How profs nourish the creative impulse.

For dedicated researchers at the University of Utah, the process of discovery never ends. This is also true for many U professors who, away from the classroom and in their nonprofessional lives, pursue artistic endeavors.

Each month, during University Academic Senate meetings, Leslie Pickering Francis, professor and chair of the Department of Philosophy, can be seen knitting, her needles and fingers flying as she throws the yarn, all the while intently watching and listening to the speakers. “I knit in all of my meetings,” says Francis, also Alfred C. Emery Professor of Law, who is quick to explain that she does not mean any disrespect to those speaking. On the contrary, she says, she is actually more attentive when knitting. “Some people doodle; I knit while I’m thinking and reading.”

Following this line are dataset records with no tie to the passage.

-- ===== src/Event/Broker/Lifetime/History.antt =====
-- The limits on concurrent subscriptions hold over every history without a reconfiguration.
use onvif_simulator.Prelude.{
  ℕ, ◌+◌, ◌≤◌, ◌≡◌, String, Bool, true, false, List, [], ◌∷◌, arith, inl, inr, Bool-cases, if_both,
}
use onvif_simulator.Prelude.Int.{pos, leb_ℤ, pos_part}
use onvif_simulator.Prelude.Dict.{insert, count_if}
use onvif_simulator.Prelude.Dict.Entries.{count_if-insert}
use onvif_simulator.Event.Subscription.{Subscription, SubKind, sub_kind_pull, sub_kind_push}
use onvif_simulator.Event.Broker.{
  Broker, BrokerConfig, Go, new, start, stop, reap, is_kind, count_by_kind,
}
use onvif_simulator.Event.Broker.Requests.{
  Readings, SubscribeParams, create_pull_point_subscription, subscribe, admit, consumer_accepted,
  pull_entry, push_entry,
}
use onvif_simulator.Event.Broker.Cases.{admit_cases}
use onvif_simulator.Event.Broker.Step.{
  Call, starts, stops, configures, publishes, notifies, creates, subscribes, pulls, syncs, renews,
  unsubscribes, ticks, tick, step, run,
}
use onvif_simulator.Event.Broker.Lifetime.Limits.{
  IsWithinLimits, Shrinks-IsWithinLimits, reap-Shrinks, publish-Shrinks,
  record_notify_result-Shrinks, set_synchronization_point-Shrinks, pull_messages-Shrinks,
  unsubscribe-Shrinks, renew-Shrinks,
}

-- No call of the history replaces the configuration.
abbrev pub keeps_config : Call → Bool
keeps_config (configures c) = false
keeps_config _ = true

abbrev pub AllKeepConfig : List Call → Type 0
AllKeepConfig [] = Unit
AllKeepConfig (c ∷ cs) = (keeps_config c ≡ true) × AllKeepConfig cs

-- One more subscription of the kind `k` fits.
abbrev HasRoom : SubKind → Broker → Type 0
HasRoom sub_kind_pull b = count_by_kind sub_kind_pull b + 1 ≤ pos_part b.cfg.max_pull_points
HasRoom sub_kind_push b =
    count_by_kind sub_kind_push b + 1 ≤ pos_part b.cfg.max_notification_producers

insert-IsWithinLimits :
    (b : Broker) (id : String) (s : Subscription)
    → IsWithinLimits b
    → HasRoom s.kind b
    → IsWithinLimits (record b { subs = insert id s b.subs })
unfolding count_by_kind
insert-IsWithinLimits b id s w room = ground (
  arith,
  count_if-insert (is_kind sub_kind_pull) id s b.subs,
  count_if-insert (is_kind sub_kind_push) id s b.subs,
)

module _ (go : Go) (r : Readings) where
  admit-IsWithinLimits :
      (b : Broker) (text : String) (entry : String → ℕ → Subscription)
      → IsWithinLimits b
      → ((id : String) (end : ℕ) → HasRoom (entry id end).kind b)
      → IsWithinLimits (admit go r text entry b).0
  admit-IsWithinLimits b text entry w room =
      admit_cases go r text b entry (λ x. IsWithinLimits x.0) (λ _. w)
        (λ id d _ _. insert-IsWithinLimits b id _ w (room id _))

  create-IsWithinLimits :
      (b : Broker) (filter text : String)
      → IsWithinLimits b
      → IsWithinLimits (create_pull_point_subscription go r filter text b).0
  unfolding create_pull_point_subscription
  create-IsWithinLimits b filter text w =
      let b' = reap r.at_reap b in
      let w' = Shrinks-IsWithinLimits (reap-Shrinks b r.at_reap) w in
      elim (Bool-cases (leb_ℤ b'.cfg.max_pull_points (pos (count_by_kind sub_kind_pull b')))) [
        | inl full ↦ rw full w'
        | inr room ↦
            rw room (
              admit-IsWithinLimits b' text (pull_entry go filter b'.cfg) w'
                (λ id end. ground arith))
      ]

  subscribe-IsWithinLimits :
      (b : Broker) (p : SubscribeParams) → IsWithinLimits b → IsWithinLimits (subscribe go r p b).0
  unfolding subscribe
  subscribe-IsWithinLimits b p w =
      let b' = reap r.at_reap b in
      let w' = Shrinks-IsWithinLimits (reap-Shrinks b r.at_reap) w in
      elim (Bool-cases (consumer_accepted go p.consumer_address)) [
        | inr e ↦ rw e w
        | inl e ↦ elim (Bool-cases (leb_ℤ b.cfg.max_notification_producers (pos 0))) [
          | inl e' ↦ rw (e, e') w
          | inr e' ↦
              elim (Bool-cases
                (leb_ℤ b'.cfg.max_notification_producers (pos (count_by_kind sub_kind_push b')))) [
                  | inl full ↦ rw (e, e', full) w'
                  | inr room ↦
                      rw (e, e', room)
                        (admit-IsWithinLimits b' p.initial_termination_time (push_entry go p b'.cfg)
                          w' (λ id end. ground arith))
                ]
        ]
      ]

module _ (go : Go) where
  step-IsWithinLimits :
      (b : Broker) (c : Call)
      → keeps_config c ≡ true
      → IsWithinLimits b
      → IsWithinLimits (step go b c)
  unfolding step start stop tick count_by_kind
  step-IsWithinLimits b (configures c) h w = cc
  step-IsWithinLimits b starts h w = record {
    pulls_within = w.pulls_within;
    pushes_within = w.pushes_within;
  }
  step-IsWithinLimits b stops h w = record {
    pulls_within = w.pulls_within;
    pushes_within = w.pushes_within;
  }
  step-IsWithinLimits b (publishes now topic message) h w =
      Shrinks-IsWithinLimits (publish-Shrinks b now topic message) w
  step-IsWithinLimits b (notifies now id success) h w =
      Shrinks-IsWithinLimits (record_notify_result-Shrinks b now id success) w
  step-IsWithinLimits b (creates r filter text) h w = create-IsWithinLimits go r b filter text w
  step-IsWithinLimits b (subscribes r p) h w = subscribe-IsWithinLimits go r b p w
  step-IsWithinLimits b (pulls now id limit) h w =
      Shrinks-IsWithinLimits (pull_messages-Shrinks b now id limit) w
  step-IsWithinLimits b (syncs now id) h w =
      Shrinks-IsWithinLimits (set_synchronization_point-Shrinks b now id) w
  step-IsWithinLimits b (renews r id text) h w =
      Shrinks-IsWithinLimits (renew-Shrinks b go r id text) w
  step-IsWithinLimits b (unsubscribes now id) h w =
      Shrinks-IsWithinLimits (unsubscribe-Shrinks b now id) w
  step-IsWithinLimits b (ticks now) h w =
      if_both IsWithinLimits b.started _ b (Shrinks-IsWithinLimits (reap-Shrinks b now) w) w

  run-IsWithinLimits :
      (b : Broker) (cs : List Call)
      → AllKeepConfig cs
      → IsWithinLimits b
      → IsWithinLimits (run go b cs)
  unfolding run
  run-IsWithinLimits b [] h w = w
  run-IsWithinLimits b (c ∷ cs) h w =
      run-IsWithinLimits (step go b c) cs h.1 (step-IsWithinLimits b c h.0 w)

  -- From a new broker, every history of calls that does not replace the configuration keeps at
  -- most `MaxPullPoints` pull points and at most `MaxNotificationProducers` push subscriptions
  -- (none if that is negative), whatever identifiers are drawn.
  pub run-new-IsWithinLimits :
      (c : BrokerConfig) (cs : List Call) → AllKeepConfig cs → IsWithinLimits (run go (new c) cs)
  unfolding new count_by_kind count_if
  run-new-IsWithinLimits c cs h =
      run-IsWithinLimits (new c) cs h
        (record { pulls_within = omega arith; pushes_within = omega arith })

In 2000, Francis was presented with the U’s most prestigious award, the Rosenblatt Prize for Excellence, for her interdisciplinary research and teaching on issues of social justice, philosophy of law, and applied ethics. She also takes a philosophical approach to her handwork, which includes sewing and quilting, and views the traditional crafts as “community enterprises” reflective of women’s lives, suffusing her work with personal significance. For example, she has gathered yarn from places such as Scotland, which she visited after she and her husband, John, were married and living in Oxford.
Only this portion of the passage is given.